Aux élections autonomiques la déroute est aussi au rendez-vous : Unidas Podemos perd 9 de ses 10 sièges en Castille-Leon, 2 des ses 6 en Extrémadure, 5 de ses 9 aux Asturies, 4 de ses 6 à Murcie, 9 de ses 14 en Aragon, les 3 de Cantabrie, les 3 de Castille-La Manche (dont Iglesias avait fait en 2017 le laboratoire de l’alliance…gagnant-gagnant avec le PSOE), 4 des 10 aux Baléares, 3 des 7 aux Canaries, 5 des 7 en Navarre, la moitié des 4 de La Rioja. A Madrid 20 des 27 qu’il avait, ces 20 étant récupérés par le dissident podémite Iñigo Errejón sans qu’ils lui permettent de peser pour empêcher les droites de gagner ! Comble de la débâcle, Unidas Podemos, dépassant à peine les 5%, fait moins que Vox !

A la municipale de Madrid, la maire sortante, Manuela Carmena, qui avait rompu avec Podemos, tout en arrivant en tête, n’atteint pas la majorité, comme espéré, avec le PSOE tandis que le regroupement sur sa gauche Madrid Debout (coalition de IU, Anticapitalistas et des indigné-es municipalistes) ne parvient pas à dépasser les 3%.

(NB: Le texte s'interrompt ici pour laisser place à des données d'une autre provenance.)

-- ===== src/ImageRef/Masking.antt =====
-- What pkg/imageref/debug_keychain.go logs of credentials: maskCredential, the log of a resolution, and
-- LogWorkloadIdentityEnv.
use aqua_scan_gate.Common.{
  ℕ, ◌-◌, Text, codes, List, [], ◌∷◌, ◌++◌, Bool, not, Option, none, some, Result, ok, err, leb,
  ltb, length, take, drop, ◌==◌, if◌then◌else◌,
}
use aqua_scan_gate.ImageRef.{Reference}
use aqua_scan_gate.ImageRef.Keychains.{Credentials, Authenticator, Keychain, is_empty}

unfoldable pub mask_credential : Text → Text
unfolding ◌==◌
mask_credential s =
    if s == []
    then []
    else if leb (length s) 4
    then codes "****"
    else take 2 s ++ (codes "****" ++ drop (length s - 2) s)

-- The fields "hasUsername", "hasPassword", "hasToken" and "hasIdentityToken" of a log line.
pub record Presence : Type 0 where
  pub has_username : Bool
  pub has_password : Bool
  pub has_token : Bool
  pub has_identity_token : Bool

unfoldable pub presence : Credentials → Presence
unfolding ◌==◌
presence c = record {
  has_username = not (c.username == []);
  has_password = not (c.password == []);
  has_token = not (c.registry_token == []);
  has_identity_token = not (c.identity_token == []);
}

-- The log lines, each with its values.
pub data Entry : Type 0 where
  resolving resolved_anonymous getting_authorization nil_config : Text → Entry
  failed_to_resolve failed_authorization : Text → Text → Entry
  got_credentials : Text → Presence → Text → Entry
  trying returned_anonymous empty_credentials : Text → Entry
  keychain_error authorization_error : Text → Text → Entry
  keychain_succeeded : Text → Presence → Entry
  no_keychain : Text → Entry
  searching : Text → List Text → Entry

-- `DebugKeychain.Resolve`, after the answer of the inner keychain
unfoldable pub wrap_answer :
    Text → Result Text Authenticator → Result Text Authenticator × List Entry
wrap_answer target (err e) = (err e, resolving target ∷ failed_to_resolve target e ∷ [])
wrap_answer target (ok Authenticator.anonymous) =
    (ok Authenticator.anonymous, resolving target ∷ resolved_anonymous target ∷ [])
wrap_answer target (ok (Authenticator.credentials c)) =
    (ok (Authenticator.credentials c), resolving target ∷ [])

unfoldable pub debug_resolve : Keychain → Text → Result Text Authenticator × List Entry
unfolding wrap_answer
debug_resolve inner target = wrap_answer target (inner target)

-- `debugAuthenticator.Authorization`, after the answer of the inner authenticator
unfoldable pub debug_authorization :
    Text → Result Text (Option Credentials) → Result Text (Option Credentials) × List Entry
unfolding mask_credential presence
debug_authorization target (err e) =
    (err e, getting_authorization target ∷ failed_authorization target e ∷ [])
debug_authorization target (ok none) =
    (ok none, getting_authorization target ∷ nil_config target ∷ [])
debug_authorization target (ok (some c)) = (
  ok (some c),
  getting_authorization target
      ∷ got_credentials target (presence c) (mask_credential c.username)
      ∷ [],
)

-- the end of the loop body of `DebugMultiKeychain.Resolve`: what is logged, and the answer if the loop
-- stops
unfoldable pub judge_answer : Text → Result Text Authenticator → Option Authenticator × List Entry
unfolding is_empty presence
judge_answer name (err e) = (none, keychain_error name e ∷ [])
judge_answer name (ok Authenticator.anonymous) = (none, returned_anonymous name ∷ [])
judge_answer name (ok (Authenticator.credentials (err e))) = (none, authorization_error name e ∷ [])
judge_answer name (ok (Authenticator.credentials (ok none))) = (none, empty_credentials name ∷ [])
judge_answer name (ok (Authenticator.credentials (ok (some c)))) =
    if is_empty c
    then (none, empty_credentials name ∷ [])
    else (some (Authenticator.credentials (ok (some c))), keychain_succeeded name (presence c) ∷ [])

-- the loop of `DebugMultiKeychain.Resolve`, with its log
unfoldable pub try_keychains : List (Text × Keychain) → Text → Authenticator × List Entry
unfolding judge_answer
try_keychains [] target = (Authenticator.anonymous, no_keychain target ∷ [])
try_keychains ((name, kc) ∷ kcs) target =
    let rest = try_keychains kcs target in
    let judged = judge_answer name (kc target) in
    elim judged.0 [
      | some auth ↦ (auth, trying name ∷ judged.1)
      | none ↦ (rest.0, trying name ∷ judged.1 ++ rest.1)
    ]

abbrev pub names_of : List (Text × Keychain) → List Text
names_of [] = []
names_of ((name, kc) ∷ kcs) = name ∷ names_of kcs

-- `DebugMultiKeychain.Resolve`
unfoldable pub debug_multi_resolve : List (Text × Keychain) → Text → Authenticator × List Entry
unfolding try_keychains
debug_multi_resolve kcs target =
    let r = try_keychains kcs target in (r.0, searching target (names_of kcs) ∷ r.1)

-- `ParseRegistryFromImage`
unfoldable pub parse_registry_from_image : (Text → Result Text Reference) → Text → Result Text Text
parse_registry_from_image parse_reference image = elim (parse_reference image) [
  | err e ↦ err (codes "parsing image reference: " ++ e)
  | ok (Reference.tag registry repository name) ↦ ok registry
  | ok (Reference.digest registry repository name) ↦ ok registry
]

-- The log lines of LogWorkloadIdentityEnv, less the first and the last, which are always the same.
pub data EnvEntry : Type 0 where
  not_set : Text → EnvEntry
  token_file : Text → Text → ℕ → Text → EnvEntry
  unreadable token_file_missing : Text → Text → Text → EnvEntry
  set_masked set_to : Text → Text → EnvEntry

-- os.Getenv, the error of os.Stat, and os.ReadFile
pub record Environment : Type 0 where
  pub getenv : Text → Text
  pub stat_error : Text → Option Text
  pub read_file : Text → Result Text Text

unfoldable pub token_preview : Text → Text
token_preview content = if ltb 50 (length content) then take 50 content ++ codes "..." else content

unfoldable pub log_token_file : Environment → Text → Text → EnvEntry
unfolding token_preview
log_token_file os env path = elim (os.stat_error path) [
  | some e ↦ EnvEntry.token_file_missing env path e
  | none ↦ elim (os.read_file path) [
    | err e ↦ EnvEntry.unreadable env path e
    | ok content ↦ EnvEntry.token_file env path (length content) (token_preview content)
  ]
]

-- one turn of the loop; of the four names only the first holds "CLIENT_ID"
unfoldable pub log_variable : Environment → Text → EnvEntry
unfolding log_token_file mask_credential ◌==◌
log_variable os env =
    let value = os.getenv env in
    if value == []
    then EnvEntry.not_set env
    else if env == codes "AZURE_FEDERATED_TOKEN_FILE"
    then log_token_file os env value
    else if env == codes "AZURE_CLIENT_ID"
    then EnvEntry.set_masked env (mask_credential value)
    else EnvEntry.set_to env value

unfoldable pub log_workload_identity_env : Environment → List EnvEntry
unfolding log_variable
log_workload_identity_env os =
    log_variable os (codes "AZURE_CLIENT_ID")
    ∷ log_variable os (codes "AZURE_TENANT_ID")
    ∷ log_variable os (codes "AZURE_FEDERATED_TOKEN_FILE")
    ∷ log_variable os (codes "AZURE_AUTHORITY_HOST")
    ∷ []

L’élection européenne revêtait, quant à elle, un sens particulier pour Podemos puisque c’est lors de l’édition de 2014 qu’il avait initié sa percée tonitruante. Cinq ans après, en cumulé de ses voix et de celles d’IU qui concourait séparément en 2014, le recul dépasse les 21% et 41% par rapport aux voix obtenues seulement un mois auparavant à la législative.

Le fait est que la chute libre de Podemos, d’Unidas Podemos et des coalitions auxquelles il a initialement contribué, sert et dessert les socialistes : en une revanche d’une histoire podémite commencée façon (plus ou moins) Indigné-es qui aura finalement peu duré et où lesdits socialistes étaient les ennemis à abattre à l’égal de la droite, tous pointés comme la caste qui bloquait le changement radical à opérer, ils ont récupéré la déception que les virevoltes stratégiques, l’institutionnalisme borné et l’autoritarisme en interne pratiqué par l’iglésisme ont suscitée chez les militant-es mais aussi dans son électorat. Les voix perdues par Podemos se sont pour une bonne part retrouvées au PSOE (une autre partie, à mesurer précisément, dans l’abstention). A contrario, l’affaissement électoral des « violets » prive celui-ci d’une réserve politique élargie sur sa gauche pour franchir le seuil qualitatif nécessaire pour maintenir, sans turbulences, le cap gestionnaire des affaires du pays. Podemos domestiqué par des socialistes que le patronat, en fin politique, félicite pour leur succès, c’est une chose mais la trop grande perte d’efficience politique de Podemos, révélée à ces élections, réduit le périmètre sur lequel exercer leur hégémonie de parti du régime. Pesant le pour et le contre de ces élections, la balance semble actuellement pencher pour le PSOE, au grand dam d’Iglesias, vers un gouvernement sans un Podemos qui se trouverait appelé à le soutenir de l’extérieur et à accepter par ailleurs, suprême humiliation, qu’il passe les alliances locales qu’il jugerait nécessaires avec … Ciudadanos. Façon d’enfoncer un coin dans le « trifachito » (le trio des droites extrêmisées) tout en tenant en laisse un Podemos jouant les utilités.

Les jours qui viennent amèneront-ils les militant-es de ce dernier à tirer le bilan de l’échec catastrophique de l’orientation adoptée ? Une orientation et un échec dont on retiendra qu’ils font écho, malgré les spécificités des situations respectives (entre autres par la différence du poids des socialistes), au fort recul qu’a connu l’alliée aux Européennes qu’était LFI.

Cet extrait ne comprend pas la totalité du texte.